Stored items:
———

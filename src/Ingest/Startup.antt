-- ===== src/Ingest/Startup.antt =====
-- The repairs of `lifespan` in backend/app/main.py, before the worker starts, and what they call of
-- backend/app/storage/vector/faiss_store.py, chunk_repo.py and backend/app/search/bm25.py. No call
-- raises here: an exception ends the start. The check of the graph behind them, which touches none of
-- these tables, is `repair_graph` of Graph/Recompute.antt.
pub mod Rows
pub mod Recovered
pub mod Settled
use docmesh.Prelude.{
  ℕ, Bool, not, ◌&&◌, ◌||◌, Option, none, some, List, [], ◌∷◌, ◌++◌, map, filter, flat_map, length,
  leb, ltb, ◌==◌, if◌then◌else◌,
}
use docmesh.Text.{Text, text_eq}
use docmesh.Storage.{
  Db, Document, DocumentStatus, Chunk, queued, parsing, chunking, embedding, indexing, done,
  status_eq, list_documents, update_status, delete_by_document, append_event,
}
use docmesh.Graph.Order.{text_lt}
use docmesh.Ingest.Exec.{World, VectorRow}
use docmesh.Ingest.Pipeline.{index_delete}

-- ORDER BY document_id, chunk_index
abbrev pub comes_first : Chunk → Chunk → Bool
comes_first c d =
    text_lt c.document_id d.document_id
    || (text_eq c.document_id d.document_id && leb c.chunk_index d.chunk_index)

unfoldable pub insert_ordered : Chunk → List Chunk → List Chunk
unfolding text_lt
insert_ordered c [] = c ∷ []
insert_ordered c (d ∷ ds) =
    let rest = insert_ordered c ds in if comes_first c d then c ∷ d ∷ ds else d ∷ rest

unfoldable pub in_order : List Chunk → List Chunk
unfolding insert_ordered
in_order [] = []
in_order (c ∷ cs) = insert_ordered c (in_order cs)

unfoldable pub list_non_duplicates : Db → List Chunk
unfolding in_order
list_non_duplicates db = in_order (filter (λ (c : Chunk). not c.is_duplicate) db.chunks)

abbrev pub with_vector : Option ℕ → Chunk → List (ℕ × Text × Text)
with_vector none c = []
with_vector (some v) c = (v, c.id, c.document_id) ∷ []

-- `mapped`: vector id, chunk and document of the chunks that have a vector.
abbrev pub mapped : List Chunk → List (ℕ × Text × Text)
mapped rows = flat_map (λ (c : Chunk). with_vector c.vector_id c) rows

-- A vector of the file with the chunk and the document that the mappings give to its id; one that
-- they do not know is of neither, for which empty ids stand.
unfoldable pub relabel : List (ℕ × Text × Text) → VectorRow → VectorRow
relabel [] r = record r { chunk_id = []; doc_id = [] }
relabel ((v, chunk_id, doc_id) ∷ m) r =
    let rest = relabel m r in
    if v == r.vector_id then record r { chunk_id = chunk_id; doc_id = doc_id } else rest

-- `load`
unfoldable pub load : List (ℕ × Text × Text) → World → World
unfolding relabel
load mappings w = record w { index = map (relabel mappings) w.persisted }

-- The reset of a document that was done, where the index is lost.
abbrev pub reset_document : Document → World → World
reset_document doc w = record w {
  db = update_status w.now doc.id queued none (delete_by_document doc.id w.db);
}

unfoldable pub reset_documents : List Document → World → World
unfolding delete_by_document update_status
reset_documents [] w = w
reset_documents (doc ∷ docs) w = reset_documents docs (reset_document doc w)

-- The vector store is hydrated, and cleared if it does not have a vector for each mapping.
unfoldable pub reconcile : World → World
unfolding list_non_duplicates load reset_documents list_documents
reconcile w =
    let mappings = mapped (list_non_duplicates w.db) in
    let loaded = load mappings w in
    if not (length loaded.index == length mappings)
    then reset_documents (list_documents 0 10000 (some done) loaded.db).0
        (record loaded { index = [] })
    else loaded

-- `sorted(docs, key=lambda d: d.created_at)`, which is stable.
unfoldable pub insert_oldest : Document → List Document → List Document
insert_oldest d [] = d ∷ []
insert_oldest d (e ∷ es) =
    let rest = insert_oldest d es in if ltb e.created_at d.created_at then e ∷ rest else d ∷ e ∷ es

unfoldable pub oldest_first : List Document → List Document
unfolding insert_oldest
oldest_first [] = []
oldest_first (d ∷ ds) = insert_oldest d (oldest_first ds)

-- `queue.enqueue(doc.id)`
abbrev pub wait : Text → World → World
wait i w = record w { waiting = w.waiting ++ i ∷ [] }

-- What a crash left of a document is wiped, and it is queued again, with an event.
abbrev pub requeue : Text → World → World
requeue i w =
    let db = update_status w.now i queued none (delete_by_document i w.db) in
    let (event, db') = append_event w.now i queued db in
    record w { index = index_delete i w.index; db = db'; published = w.published ++ event ∷ [] }

unfoldable pub wait_all : List Document → World → World
wait_all [] w = w
wait_all (doc ∷ docs) w = wait_all docs (wait doc.id w)

unfoldable pub requeue_all : List Document → World → World
unfolding index_delete delete_by_document update_status append_event
requeue_all [] w = w
requeue_all (doc ∷ docs) w = requeue_all docs (wait doc.id (requeue doc.id w))

-- The sweep of a status.
unfoldable pub sweep : DocumentStatus → World → World
unfolding list_documents oldest_first wait_all requeue_all status_eq
sweep status w =
    let docs = oldest_first (list_documents 0 10000 (some status) w.db).0 in
    if status_eq status queued then wait_all docs w else requeue_all docs w

unfoldable pub recover : World → World
unfolding sweep
recover w = sweep indexing (sweep embedding (sweep chunking (sweep parsing (sweep queued w))))

-- `vector_store.persist()` and `bm25.rebuild(…)`
abbrev pub finish : World → World
finish w = record w {
  persisted = w.index;
  corpus = map (λ (c : Chunk). (c.id, c.text)) (list_non_duplicates w.db);
}

unfoldable pub startup : World → World
unfolding reconcile recover list_non_duplicates
startup w = finish (recover (reconcile w))
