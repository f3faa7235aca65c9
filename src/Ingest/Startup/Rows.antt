-- ===== src/Ingest/Startup/Rows.antt =====
-- The documents that a sweep finds, and what it does to their rows.
use docmesh.Prelude.{
  suc, ◌≡◌, refl, ap, ◌∙◌, true, false, ◌||◌, some, List, [], ◌∷◌, ◌++◌, All, All-imp, filter,
  length, ltb, if_both, arith,
}
use docmesh.Text.{Text, text_eq, text_eq_self, text_in}
use docmesh.Storage.{Document, DocumentStatus, status_eq, has_status, update_documents}
use docmesh.Storage.Listed.{ids}
use docmesh.Ingest.Startup.{insert_oldest, oldest_first}

pub update_documents-All :
    (P Q : Document → Type 0) (f : Document → Document) (i : Text)
    → ((d : Document) → text_eq d.id i ≡ true → P d → Q (f d))
    → ((d : Document) → text_eq d.id i ≡ false → P d → Q d)
    → (ds : List Document) → All P ds
    → All Q (update_documents f i ds)
unfolding update_documents
update_documents-All P Q f i hit miss [] h = tt
update_documents-All P Q f i hit miss (d ∷ ds) (h, hs) =
    let rest = update_documents-All P Q f i hit miss ds hs in
    if_both (All Q) (text_eq d.id i) (λ e. (hit d e h, rest)) (λ e. (miss d e h, rest))

pub length-update_documents :
    (f : Document → Document) (i : Text) (ds : List Document)
    → length (update_documents f i ds) ≡ length ds
unfolding update_documents
length-update_documents f i [] = refl
length-update_documents f i (d ∷ ds) =
    if_both (λ (l : List Document). length l ≡ suc (length ds)) (text_eq d.id i)
      (λ _. ap suc (length-update_documents f i ds)) (λ _. ap suc (length-update_documents f i ds))

pub text_in-append :
    (x : Text) (xs ys : List Text) → text_in x (xs ++ ys) ≡ (text_in x xs || text_in x ys)
unfolding text_in
text_in-append x [] ys = refl
text_in-append x (y ∷ xs) ys = ground (arith, text_in-append x xs ys)

insert_oldest-has :
    (x : Text) (d : Document) (ds : List Document)
    → text_in x (ids (insert_oldest d ds)) ≡ (text_eq x d.id || text_in x (ids ds))
unfolding insert_oldest text_in
insert_oldest-has x d [] = refl
insert_oldest-has x d (e ∷ es) =
    if_both
      (λ (l : List Document).
        text_in x (ids l) ≡ (text_eq x d.id || (text_eq x e.id || text_in x (ids es))))
      (ltb e.created_at d.created_at) (λ _. ground (arith, insert_oldest-has x d es)) (λ _. refl)

pub oldest_first-has :
    (x : Text) (ds : List Document) → text_in x (ids (oldest_first ds)) ≡ text_in x (ids ds)
unfolding oldest_first text_in
oldest_first-has x [] = refl
oldest_first-has x (d ∷ ds) =
    insert_oldest-has x d (oldest_first ds) ∙ ap (λ b. text_eq x d.id || b) (oldest_first-has x ds)

-- A document with the status is among those that are filtered by it.
pub filter-has :
    (s : DocumentStatus) (ds : List Document)
    → All
        (λ (d : Document).
          status_eq d.status s ≡ true → text_in d.id (ids (filter (has_status (some s)) ds)) ≡ true)
        ds
unfolding text_in
filter-has s [] = tt
filter-has s (e ∷ es) =
    let rows = filter (has_status (some s)) es in
    let Found : List Document → Document → Type 0 =
      λ l d. status_eq d.status s ≡ true → text_in d.id (ids l) ≡ true in
    if_both (λ (l : List Document). All (Found l) (e ∷ es)) (status_eq e.status s)
      (λ _. (
        (λ _. ground (arith, text_eq_self e.id)),
        All-imp (Found rows) (Found (e ∷ rows)) (λ d h k. ground (arith, h k)) es (filter-has s es),
      ))
      (λ other. ((λ k. absurd (ground (arith, other, k))), filter-has s es))
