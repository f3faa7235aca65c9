-- ===== src/Ingest/Startup/Recovered.antt =====
-- After the start every document is settled, or waits in the queue.
use docmesh.Prelude.{
  ◌≤◌, ◌≡◌, refl, sym, ap, ◌∙◌, true, false, none, some, List, [], ◌∷◌, ◌++◌, append-nil,
  append_assoc, All, All-imp, filter, length, length-filter, arith, Bool-cases, inl, inr,
}
use docmesh.Text.{Text, text_in}
use docmesh.Storage.{
  Db, Document, DocumentStatus, queued, parsing, chunking, embedding, indexing, status_eq,
  has_status, update_status, delete_by_document, append_event, list_documents,
}
use docmesh.Storage.Listed.{ids, list_documents-all, newest_first-has}
use docmesh.Ingest.Exec.{World}
use docmesh.Ingest.Startup.{oldest_first, wait, requeue, wait_all, requeue_all, sweep, recover}
use docmesh.Ingest.Startup.Rows.{
  update_documents-All, length-update_documents, text_in-append, oldest_first-has, filter-has,
}

-- The document has none of the statuses.
abbrev pub HasNone : List DocumentStatus → DocumentStatus → Type 0
HasNone gs status = All (λ g. status_eq status g ≡ false) gs

-- While the documents that are left are swept: one of the status is left, one that is queued waits,
-- and none has a status that was swept before.
abbrev Sweeping : DocumentStatus → List DocumentStatus → List Text → List Text → Document → Type 0
Sweeping s gs is waiting d =
    (status_eq d.status s ≡ true → text_in d.id is ≡ true)
    × (status_eq d.status queued ≡ true → text_in d.id waiting ≡ true)
    × HasNone gs d.status

abbrev pub Swept : List DocumentStatus → World → Type 0
Swept gs w =
    All
      (λ (d : Document).
        (status_eq d.status queued ≡ true → text_in d.id w.waiting ≡ true) × HasNone gs d.status)
      w.db.documents

module _ (s : DocumentStatus) (gs : List DocumentStatus) (not_s : status_eq queued s ≡ false)
    (not_gs : HasNone gs queued) where
  requeue-Sweeping :
      (i : Text) (is : List Text) (w : World)
      → All (Sweeping s gs (i ∷ is) w.waiting) w.db.documents
      → All (Sweeping s gs is (w.waiting ++ i ∷ [])) (requeue i w).db.documents
  unfolding update_status delete_by_document append_event text_in
  requeue-Sweeping i is w h =
      update_documents-All (Sweeping s gs (i ∷ is) w.waiting)
        (Sweeping s gs is (w.waiting ++ i ∷ []))
        (λ d. record d { status = queued; error_message = none; updated_at = w.now }) i
        (λ d e k. (
          (λ bad. absurd (ground (arith, bad, not_s))),
          (λ _. text_in-append d.id w.waiting (i ∷ []) ∙ ground (arith, e)),
          not_gs,
        ))
        (λ d e k. (
          (λ q. ground (arith, e, k.0 q)),
          (λ q. text_in-append d.id w.waiting (i ∷ []) ∙ ground (arith, k.1 q)),
          k.2,
        ))
        w.db.documents h

  requeue_all-Swept :
      (docs : List Document) (w : World)
      → All (Sweeping s gs (ids docs) w.waiting) w.db.documents
      → Swept (s ∷ gs) (requeue_all docs w)
  unfolding requeue_all text_in
  requeue_all-Swept [] w h =
      All-imp (Sweeping s gs [] w.waiting)
        (λ (d : Document).
          (status_eq d.status queued ≡ true → text_in d.id w.waiting ≡ true)
          × HasNone (s ∷ gs) d.status)
        (λ d k. (k.1, (none_left d k.0, k.2))) w.db.documents h
    where
      none_left :
          (d : Document)
          → (status_eq d.status s ≡ true → false ≡ true)
          → status_eq d.status s ≡ false
      none_left d k = elim (Bool-cases (status_eq d.status s)) [
        | inl bad ↦ let no : false ≡ true = k bad in absurd cc
        | inr good ↦ good
      ]
  requeue_all-Swept (doc ∷ docs) w h =
      requeue_all-Swept docs (wait doc.id (requeue doc.id w))
        (requeue-Sweeping doc.id (ids docs) w h)

length-requeue_all :
    (docs : List Document) (w : World)
    → length (requeue_all docs w).db.documents ≡ length w.db.documents
unfolding requeue_all update_status delete_by_document append_event
length-requeue_all [] w = refl
length-requeue_all (doc ∷ docs) w =
    length-requeue_all docs (wait doc.id (requeue doc.id w))
    ∙ length-update_documents
        (λ d. record d { status = queued; error_message = none; updated_at = w.now }) doc.id
        w.db.documents

wait_all-db : (docs : List Document) (w : World) → (wait_all docs w).db ≡ w.db
unfolding wait_all
wait_all-db [] w = refl
wait_all-db (doc ∷ docs) w = wait_all-db docs (wait doc.id w)

wait_all-waiting :
    (docs : List Document) (w : World) → (wait_all docs w).waiting ≡ w.waiting ++ ids docs
unfolding wait_all
wait_all-waiting [] w = sym (append-nil w.waiting)
wait_all-waiting (doc ∷ docs) w =
    wait_all-waiting docs (wait doc.id w) ∙ append_assoc w.waiting (doc.id ∷ []) (ids docs)

-- The documents that a sweep of the status goes through.
abbrev pub swept_docs : DocumentStatus → Db → List Document
swept_docs s db = oldest_first (list_documents 0 10000 (some s) db).0

-- While there are at most ten thousand documents, a sweep finds each that has the status.
abbrev pub IsFound : DocumentStatus → Db → Document → Type 0
IsFound s db d = status_eq d.status s ≡ true → text_in d.id (ids (swept_docs s db)) ≡ true

all-IsFound :
    (s : DocumentStatus) (db : Db) → length db.documents ≤ 10000 → All (IsFound s db) db.documents
all-IsFound s db few =
    let rows = filter (has_status (some s)) db.documents in
    let page =
      list_documents-all 10000 s db
        (omega (arith, length-filter (has_status (some s)) db.documents)) in
    All-imp (λ (d : Document). status_eq d.status s ≡ true → text_in d.id (ids rows) ≡ true)
      (IsFound s db)
      (λ d h k.
        oldest_first-has d.id (list_documents 0 10000 (some s) db).0
        ∙ ap (λ l. text_in d.id (ids l)) page
        ∙ newest_first-has d.id rows
        ∙ h k)
      db.documents (filter-has s db.documents)

All-both :
    (P Q R : Document → Type 0)
    → ((d : Document) → P d → Q d → R d)
    → (ds : List Document) → All P ds
    → All Q ds
    → All R ds
All-both P Q R f [] h k = tt
All-both P Q R f (d ∷ ds) (h, hs) (k, ks) = (f d h k, All-both P Q R f ds hs ks)

-- At most ten thousand documents, swept of the statuses.
abbrev pub IsSweptOf : List DocumentStatus → World → Type 0
IsSweptOf gs w = (length w.db.documents ≤ 10000) × Swept gs w

sweep-IsSweptOf :
    (s : DocumentStatus) (gs : List DocumentStatus) (w : World)
    → status_eq s queued ≡ false
    → status_eq queued s ≡ false
    → HasNone gs queued
    → IsSweptOf gs w
    → IsSweptOf (s ∷ gs) (sweep s w)
unfolding sweep
sweep-IsSweptOf s gs w other not_s not_gs (few, swept) =
    let docs = swept_docs s w.db in
    rw other (
      omega (arith, length-requeue_all docs w),
      requeue_all-Swept s gs not_s not_gs docs w (
          All-both (IsFound s w.db) _ (Sweeping s gs (ids docs) w.waiting)
            (λ d found k. (found, k.0, k.1)) w.db.documents (all-IsFound s w.db few) swept),
    )

sweep_queued-IsSweptOf :
    (gs : List DocumentStatus) (w : World)
    → length w.db.documents ≤ 10000
    → All (λ (d : Document). HasNone gs d.status) w.db.documents
    → IsSweptOf gs (sweep queued w)
unfolding sweep status_eq
sweep_queued-IsSweptOf gs w few free =
    let docs = swept_docs queued w.db in
    rw (wait_all-db docs w, wait_all-waiting docs w)
      (
        few,
        All-both (IsFound queued w.db) (λ (d : Document). HasNone gs d.status)
            (λ (d : Document).
              (status_eq d.status queued ≡ true → text_in d.id (w.waiting ++ ids docs) ≡ true)
              × HasNone gs d.status)
            (λ d found k.
              ((λ q. text_in-append d.id w.waiting (ids docs) ∙ ground (arith, found q)), k))
            w.db.documents (all-IsFound queued w.db few) free,
      )

pub recover-IsSweptOf :
    (gs : List DocumentStatus) (w : World)
    → HasNone gs queued
    → length w.db.documents ≤ 10000
    → All (λ (d : Document). HasNone gs d.status) w.db.documents
    → IsSweptOf (indexing ∷ embedding ∷ chunking ∷ parsing ∷ gs) (recover w)
unfolding recover status_eq
recover-IsSweptOf gs w not_gs few free =
    sweep-IsSweptOf indexing (embedding ∷ chunking ∷ parsing ∷ gs) _ refl refl
      (refl, (refl, (refl, not_gs)))
      (sweep-IsSweptOf embedding (chunking ∷ parsing ∷ gs) _ refl refl (refl, (refl, not_gs))
        (sweep-IsSweptOf chunking (parsing ∷ gs) _ refl refl (refl, not_gs)
          (sweep-IsSweptOf parsing gs _ refl refl not_gs (sweep_queued-IsSweptOf gs w few free))))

———

Task prompt:
Copy out each line of the data above, exactly, if it lies between the line holding "omega (arith, length-requeue_all" and the line holding "recover-IsSweptOf gs w", inclusive; copy no other line.

Problem solution:
      omega (arith, length-requeue_all docs w),
      requeue_all-Swept s gs not_s not_gs docs w (
          All-both (IsFound s w.db) _ (Sweeping s gs (ids docs) w.waiting)
            (λ d found k. (found, k.0, k.1)) w.db.documents (all-IsFound s w.db few) swept),
    )

sweep_queued-IsSweptOf :
    (gs : List DocumentStatus) (w : World)
    → length w.db.documents ≤ 10000
    → All (λ (d : Document). HasNone gs d.status) w.db.documents
    → IsSweptOf gs (sweep queued w)
unfolding sweep status_eq
sweep_queued-IsSweptOf gs w few free =
    let docs = swept_docs queued w.db in
    rw (wait_all-db docs w, wait_all-waiting docs w)
      (
        few,
        All-both (IsFound queued w.db) (λ (d : Document). HasNone gs d.status)
            (λ (d : Document).
              (status_eq d.status queued ≡ true → text_in d.id (w.waiting ++ ids docs) ≡ true)
              × HasNone gs d.status)
            (λ d found k.
              ((λ q. text_in-append d.id w.waiting (ids docs) ∙ ground (arith, found q)), k))
            w.db.documents (all-IsFound queued w.db few) free,
      )

pub recover-IsSweptOf :
    (gs : List DocumentStatus) (w : World)
    → HasNone gs queued
    → length w.db.documents ≤ 10000
    → All (λ (d : Document). HasNone gs d.status) w.db.documents
    → IsSweptOf (indexing ∷ embedding ∷ chunking ∷ parsing ∷ gs) (recover w)
unfolding recover status_eq
recover-IsSweptOf gs w not_gs few free =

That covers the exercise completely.